## [Problem to solve]
In the listing below, find each line holding "that" and copy it.

(Dataset extract)

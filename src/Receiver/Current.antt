-- ===== src/Receiver/Current.antt =====
-- An APPEND that starts from the session's current root.
use dlr.Prelude.{◌≡◌, List, [], map, true, bytes_eq_iff, nat_eq}
use dlr.Prelude.Assoc.{insert}
use dlr.Prelude.Results.{ok}
use dlr.Core.Blake3.{Blake3}
use dlr.Core.Frame.{AppendFrame}
use dlr.Core.Merkle.{root_over}
use dlr.Core.Wal.{Disk}
use dlr.Core.Store.{session_root}
use dlr.Receiver.{
  Codec, Resolved, resolved_id, Receiver, session_entry, is_empty, refs_available, resolve_blocks,
  handle_append,
}
use dlr.Receiver.Atomic.{apply_resolved_found}
use dlr.Receiver.Applied.{Applied, apply_resolved-Applied}
use dlr.Receiver.Append.{append_resolved-appended}

module _ (codec : Codec) (blake3 : Blake3) (disk : Disk) (f : AppendFrame)
    (r : Receiver codec) where
  -- The answer and the effect of an APPEND that is taken.
  pub record Taken (items : List Resolved) : Type 0 where
    pub answer :
        (handle_append codec blake3 disk f r).1
        ≡ ok (record {
          session_id = f.session_id;
          root = root_over blake3 f.base_root (map resolved_id items);
        })
    pub applied :
        Applied blake3 f.session_id
          (map resolved_id items)
          r.store
          (handle_append codec blake3 disk f r).0.store
    pub sessions :
        (handle_append codec blake3 disk f r).0.sessions
        ≡ insert f.session_id (session_entry codec f.session_id r.sessions) r.sessions

  -- An APPEND whose blocks resolve, whose references are to stored blocks or to blocks in front of
  -- them in the frame, and which starts from the root of a session that has no block pending, is
  -- acknowledged with the root over its ids from there; the session's log grows by exactly its ids,
  -- which are all stored, and nothing stored is lost.
  pub handle_append-Taken :
      (items : List Resolved)
      → resolve_blocks codec blake3 f.blocks ≡ ok items
      → refs_available r.store [] items ≡ true
      → is_empty (session_entry codec f.session_id r.sessions).pending ≡ true
      → f.base_root ≡ session_root r.store f.session_id
      → Taken items
  unfolding handle_append
  handle_append-Taken items p q idle base =
      let same = (bytes_eq_iff f.base_root (session_root r.store f.session_id)).1 base in
      let is = append_resolved-appended codec blake3 disk f r items idle same q in
      let found = apply_resolved_found codec blake3 disk f.session_id items r.store q in
      let applied = apply_resolved-Applied blake3 codec disk f.session_id items r.store found in
      record {
        answer = rw (p, q, handle_append, is, applied.root, base);
        applied = rw (p, q, handle_append, is) applied;
        sessions = rw (p, q, handle_append, is);
      }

(End Dataset extract)

## [Result for this task]
-- An APPEND that starts from the session's current root.
  -- The answer and the effect of an APPEND that is taken.
  -- them in the frame, and which starts from the root of a session that has no block pending, is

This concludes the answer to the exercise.